● YOUR GOAL
With "verification" as the search word, show every line of the material that has it.
*** Opening of DATASET RECORDS ***
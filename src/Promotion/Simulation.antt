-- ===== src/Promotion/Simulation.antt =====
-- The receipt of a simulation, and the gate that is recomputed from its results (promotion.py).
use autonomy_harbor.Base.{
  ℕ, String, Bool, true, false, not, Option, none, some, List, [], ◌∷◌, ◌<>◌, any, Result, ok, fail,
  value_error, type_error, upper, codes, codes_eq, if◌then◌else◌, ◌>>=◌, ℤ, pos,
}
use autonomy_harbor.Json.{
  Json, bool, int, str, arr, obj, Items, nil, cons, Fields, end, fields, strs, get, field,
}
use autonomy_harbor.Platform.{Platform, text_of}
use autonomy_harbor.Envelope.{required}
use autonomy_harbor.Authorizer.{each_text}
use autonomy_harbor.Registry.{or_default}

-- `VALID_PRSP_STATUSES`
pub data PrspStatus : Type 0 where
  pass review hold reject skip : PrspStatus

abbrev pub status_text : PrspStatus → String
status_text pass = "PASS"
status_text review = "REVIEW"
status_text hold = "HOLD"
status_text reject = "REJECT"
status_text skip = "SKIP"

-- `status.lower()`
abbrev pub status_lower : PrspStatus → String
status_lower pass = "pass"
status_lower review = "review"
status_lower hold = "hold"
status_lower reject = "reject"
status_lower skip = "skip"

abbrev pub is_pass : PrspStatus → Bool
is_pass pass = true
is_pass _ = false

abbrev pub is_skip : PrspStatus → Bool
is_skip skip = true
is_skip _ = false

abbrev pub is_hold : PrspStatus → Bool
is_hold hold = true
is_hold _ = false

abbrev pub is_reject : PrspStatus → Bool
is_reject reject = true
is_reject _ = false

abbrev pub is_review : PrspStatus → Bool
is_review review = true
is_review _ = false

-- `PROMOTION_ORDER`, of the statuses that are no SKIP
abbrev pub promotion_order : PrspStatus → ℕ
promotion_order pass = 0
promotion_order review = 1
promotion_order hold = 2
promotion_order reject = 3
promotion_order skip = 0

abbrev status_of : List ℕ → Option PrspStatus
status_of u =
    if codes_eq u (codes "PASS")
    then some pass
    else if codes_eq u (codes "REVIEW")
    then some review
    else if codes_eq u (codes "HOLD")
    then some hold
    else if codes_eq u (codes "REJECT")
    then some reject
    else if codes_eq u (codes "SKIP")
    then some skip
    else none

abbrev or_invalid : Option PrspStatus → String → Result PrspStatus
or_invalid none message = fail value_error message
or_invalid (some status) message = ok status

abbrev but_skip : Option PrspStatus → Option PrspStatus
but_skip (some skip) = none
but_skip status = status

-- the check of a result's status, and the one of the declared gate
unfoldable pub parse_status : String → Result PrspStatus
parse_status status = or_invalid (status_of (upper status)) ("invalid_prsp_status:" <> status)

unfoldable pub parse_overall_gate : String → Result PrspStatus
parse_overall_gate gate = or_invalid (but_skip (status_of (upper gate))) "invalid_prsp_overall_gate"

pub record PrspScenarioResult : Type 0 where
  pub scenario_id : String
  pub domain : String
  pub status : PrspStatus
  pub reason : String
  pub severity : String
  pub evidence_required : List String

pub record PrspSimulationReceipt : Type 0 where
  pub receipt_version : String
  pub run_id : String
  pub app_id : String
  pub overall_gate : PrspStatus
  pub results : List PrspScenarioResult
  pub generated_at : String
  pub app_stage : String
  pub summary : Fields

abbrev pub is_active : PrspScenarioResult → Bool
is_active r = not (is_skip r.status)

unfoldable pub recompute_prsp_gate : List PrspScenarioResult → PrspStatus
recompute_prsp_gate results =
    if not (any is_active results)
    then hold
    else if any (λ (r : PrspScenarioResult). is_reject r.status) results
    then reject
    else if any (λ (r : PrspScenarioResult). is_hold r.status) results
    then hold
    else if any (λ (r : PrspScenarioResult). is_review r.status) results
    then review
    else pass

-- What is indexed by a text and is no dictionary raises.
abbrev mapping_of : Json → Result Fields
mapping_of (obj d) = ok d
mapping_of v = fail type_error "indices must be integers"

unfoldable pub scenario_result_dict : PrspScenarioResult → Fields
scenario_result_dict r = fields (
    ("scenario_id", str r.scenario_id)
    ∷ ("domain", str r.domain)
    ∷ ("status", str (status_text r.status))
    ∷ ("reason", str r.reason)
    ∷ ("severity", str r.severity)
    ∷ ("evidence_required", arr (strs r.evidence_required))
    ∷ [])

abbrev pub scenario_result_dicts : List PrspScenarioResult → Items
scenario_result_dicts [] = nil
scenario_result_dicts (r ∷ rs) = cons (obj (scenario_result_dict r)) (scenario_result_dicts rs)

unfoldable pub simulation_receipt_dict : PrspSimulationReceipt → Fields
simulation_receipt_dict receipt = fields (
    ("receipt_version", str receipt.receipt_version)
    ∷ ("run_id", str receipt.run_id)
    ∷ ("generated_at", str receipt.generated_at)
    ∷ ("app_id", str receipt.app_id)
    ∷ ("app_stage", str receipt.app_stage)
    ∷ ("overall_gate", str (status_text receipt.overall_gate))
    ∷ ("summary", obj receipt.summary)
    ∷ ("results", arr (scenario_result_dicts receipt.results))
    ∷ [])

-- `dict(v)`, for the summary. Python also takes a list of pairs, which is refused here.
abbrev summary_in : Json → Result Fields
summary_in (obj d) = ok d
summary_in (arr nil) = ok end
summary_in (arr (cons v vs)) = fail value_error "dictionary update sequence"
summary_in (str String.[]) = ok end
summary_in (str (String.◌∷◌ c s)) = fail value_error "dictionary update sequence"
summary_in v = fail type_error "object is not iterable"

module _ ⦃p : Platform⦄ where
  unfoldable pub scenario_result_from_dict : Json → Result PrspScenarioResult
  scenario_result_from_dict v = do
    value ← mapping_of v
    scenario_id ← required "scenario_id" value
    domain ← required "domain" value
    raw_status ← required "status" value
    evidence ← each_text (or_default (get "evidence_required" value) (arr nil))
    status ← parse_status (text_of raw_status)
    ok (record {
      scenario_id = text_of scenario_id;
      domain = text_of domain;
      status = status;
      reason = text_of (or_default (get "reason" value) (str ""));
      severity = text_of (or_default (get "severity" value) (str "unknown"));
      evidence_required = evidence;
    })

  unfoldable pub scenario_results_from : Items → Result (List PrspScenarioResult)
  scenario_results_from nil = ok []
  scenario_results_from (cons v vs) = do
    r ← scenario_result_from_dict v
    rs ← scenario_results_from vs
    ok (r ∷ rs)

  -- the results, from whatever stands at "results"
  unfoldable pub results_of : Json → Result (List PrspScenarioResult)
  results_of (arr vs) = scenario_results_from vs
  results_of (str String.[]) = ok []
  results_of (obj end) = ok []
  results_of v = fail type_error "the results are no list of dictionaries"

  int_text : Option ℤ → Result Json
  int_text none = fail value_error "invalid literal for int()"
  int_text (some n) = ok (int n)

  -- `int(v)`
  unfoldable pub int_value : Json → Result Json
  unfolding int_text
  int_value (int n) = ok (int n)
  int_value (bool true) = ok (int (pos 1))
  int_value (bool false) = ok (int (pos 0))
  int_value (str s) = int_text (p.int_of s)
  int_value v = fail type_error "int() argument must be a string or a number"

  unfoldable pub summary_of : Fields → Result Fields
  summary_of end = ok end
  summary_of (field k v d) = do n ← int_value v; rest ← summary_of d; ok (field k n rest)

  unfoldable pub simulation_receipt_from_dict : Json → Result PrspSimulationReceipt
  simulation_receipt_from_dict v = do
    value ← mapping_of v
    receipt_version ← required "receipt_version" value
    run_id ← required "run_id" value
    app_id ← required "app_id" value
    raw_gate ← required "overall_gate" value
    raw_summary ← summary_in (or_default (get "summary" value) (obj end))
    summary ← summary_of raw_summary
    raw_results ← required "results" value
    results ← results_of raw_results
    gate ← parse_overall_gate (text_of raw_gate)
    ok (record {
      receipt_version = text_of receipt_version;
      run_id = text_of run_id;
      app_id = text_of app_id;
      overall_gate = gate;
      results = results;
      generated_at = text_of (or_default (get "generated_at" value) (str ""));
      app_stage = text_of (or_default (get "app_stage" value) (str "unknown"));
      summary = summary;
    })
*** Close of DATASET RECORDS ***
*** Opening of DATASET RECORDS ***
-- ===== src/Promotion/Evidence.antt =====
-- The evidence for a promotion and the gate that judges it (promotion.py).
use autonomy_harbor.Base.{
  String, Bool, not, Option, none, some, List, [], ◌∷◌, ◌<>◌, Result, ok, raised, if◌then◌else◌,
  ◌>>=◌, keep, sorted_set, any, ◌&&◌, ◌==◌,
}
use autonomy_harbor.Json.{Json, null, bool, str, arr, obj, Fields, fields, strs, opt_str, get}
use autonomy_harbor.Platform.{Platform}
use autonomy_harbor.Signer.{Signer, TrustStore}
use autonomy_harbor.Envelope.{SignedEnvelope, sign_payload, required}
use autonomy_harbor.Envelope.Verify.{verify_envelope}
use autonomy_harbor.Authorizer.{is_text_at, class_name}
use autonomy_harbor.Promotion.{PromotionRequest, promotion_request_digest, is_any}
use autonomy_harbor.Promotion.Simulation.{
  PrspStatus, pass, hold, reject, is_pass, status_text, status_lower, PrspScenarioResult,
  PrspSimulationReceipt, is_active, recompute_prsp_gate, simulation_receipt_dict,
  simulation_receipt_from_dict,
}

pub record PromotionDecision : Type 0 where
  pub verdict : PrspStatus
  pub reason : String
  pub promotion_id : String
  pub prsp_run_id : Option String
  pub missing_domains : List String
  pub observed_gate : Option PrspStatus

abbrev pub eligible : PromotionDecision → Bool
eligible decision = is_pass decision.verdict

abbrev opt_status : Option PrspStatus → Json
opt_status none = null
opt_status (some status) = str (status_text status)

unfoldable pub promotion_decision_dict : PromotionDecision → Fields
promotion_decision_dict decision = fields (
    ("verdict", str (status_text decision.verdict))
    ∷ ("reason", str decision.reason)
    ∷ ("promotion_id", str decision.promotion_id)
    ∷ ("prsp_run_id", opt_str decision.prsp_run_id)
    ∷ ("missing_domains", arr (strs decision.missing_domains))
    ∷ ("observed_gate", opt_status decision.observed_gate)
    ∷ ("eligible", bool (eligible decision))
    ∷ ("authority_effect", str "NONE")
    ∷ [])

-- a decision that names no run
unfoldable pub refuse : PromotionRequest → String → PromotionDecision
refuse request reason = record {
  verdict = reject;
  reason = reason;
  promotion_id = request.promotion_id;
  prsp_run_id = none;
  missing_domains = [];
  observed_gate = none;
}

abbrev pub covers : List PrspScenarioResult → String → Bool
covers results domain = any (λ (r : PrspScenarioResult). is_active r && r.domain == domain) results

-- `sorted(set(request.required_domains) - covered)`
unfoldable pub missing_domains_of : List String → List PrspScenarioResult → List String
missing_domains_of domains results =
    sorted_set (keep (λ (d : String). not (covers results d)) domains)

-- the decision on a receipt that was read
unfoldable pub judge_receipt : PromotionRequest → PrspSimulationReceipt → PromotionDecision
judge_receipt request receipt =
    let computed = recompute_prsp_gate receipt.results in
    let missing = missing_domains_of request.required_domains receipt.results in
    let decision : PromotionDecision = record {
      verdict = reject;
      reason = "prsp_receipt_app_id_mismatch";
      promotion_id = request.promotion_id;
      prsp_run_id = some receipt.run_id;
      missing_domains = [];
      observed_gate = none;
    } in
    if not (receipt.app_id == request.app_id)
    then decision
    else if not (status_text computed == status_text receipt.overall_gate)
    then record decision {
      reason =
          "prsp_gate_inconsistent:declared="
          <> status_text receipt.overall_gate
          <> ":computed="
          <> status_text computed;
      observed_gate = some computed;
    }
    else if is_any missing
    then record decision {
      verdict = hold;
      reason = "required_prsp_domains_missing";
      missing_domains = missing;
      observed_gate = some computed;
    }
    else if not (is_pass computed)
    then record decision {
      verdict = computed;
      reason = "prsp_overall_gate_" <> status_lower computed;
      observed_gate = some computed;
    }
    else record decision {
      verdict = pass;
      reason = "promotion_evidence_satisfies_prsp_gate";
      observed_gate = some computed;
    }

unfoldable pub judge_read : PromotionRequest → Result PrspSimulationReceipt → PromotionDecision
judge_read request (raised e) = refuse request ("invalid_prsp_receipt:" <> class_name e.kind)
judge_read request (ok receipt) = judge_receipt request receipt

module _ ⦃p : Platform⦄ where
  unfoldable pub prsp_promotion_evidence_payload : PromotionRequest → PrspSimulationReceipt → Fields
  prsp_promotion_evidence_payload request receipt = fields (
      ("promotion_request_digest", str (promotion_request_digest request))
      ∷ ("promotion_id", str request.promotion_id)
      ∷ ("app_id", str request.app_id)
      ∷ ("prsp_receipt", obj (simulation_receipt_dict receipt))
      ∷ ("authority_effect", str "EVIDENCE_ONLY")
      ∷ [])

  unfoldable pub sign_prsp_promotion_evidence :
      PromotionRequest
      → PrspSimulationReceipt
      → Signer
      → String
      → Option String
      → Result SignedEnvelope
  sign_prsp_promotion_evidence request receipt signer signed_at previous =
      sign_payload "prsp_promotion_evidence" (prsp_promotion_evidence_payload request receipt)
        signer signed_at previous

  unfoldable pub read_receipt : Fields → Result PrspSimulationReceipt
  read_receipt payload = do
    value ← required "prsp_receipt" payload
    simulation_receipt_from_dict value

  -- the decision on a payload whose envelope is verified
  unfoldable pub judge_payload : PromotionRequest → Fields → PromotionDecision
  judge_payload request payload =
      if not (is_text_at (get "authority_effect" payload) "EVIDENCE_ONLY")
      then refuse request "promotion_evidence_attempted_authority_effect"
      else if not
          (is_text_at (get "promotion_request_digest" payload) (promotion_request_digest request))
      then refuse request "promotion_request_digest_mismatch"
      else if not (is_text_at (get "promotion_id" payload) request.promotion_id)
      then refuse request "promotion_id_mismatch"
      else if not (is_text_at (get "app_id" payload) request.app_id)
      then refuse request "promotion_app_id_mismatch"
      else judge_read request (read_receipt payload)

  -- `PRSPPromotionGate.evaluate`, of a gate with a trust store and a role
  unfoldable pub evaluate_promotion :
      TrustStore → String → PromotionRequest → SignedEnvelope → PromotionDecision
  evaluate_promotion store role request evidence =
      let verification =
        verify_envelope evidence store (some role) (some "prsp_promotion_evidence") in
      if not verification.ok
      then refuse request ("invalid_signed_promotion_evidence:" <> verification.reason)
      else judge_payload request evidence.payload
*** Close of DATASET RECORDS ***
● SOLVED EXERCISE
      let verification =
      if not verification.ok
      then refuse request ("invalid_signed_promotion_evidence:" <> verification.reason)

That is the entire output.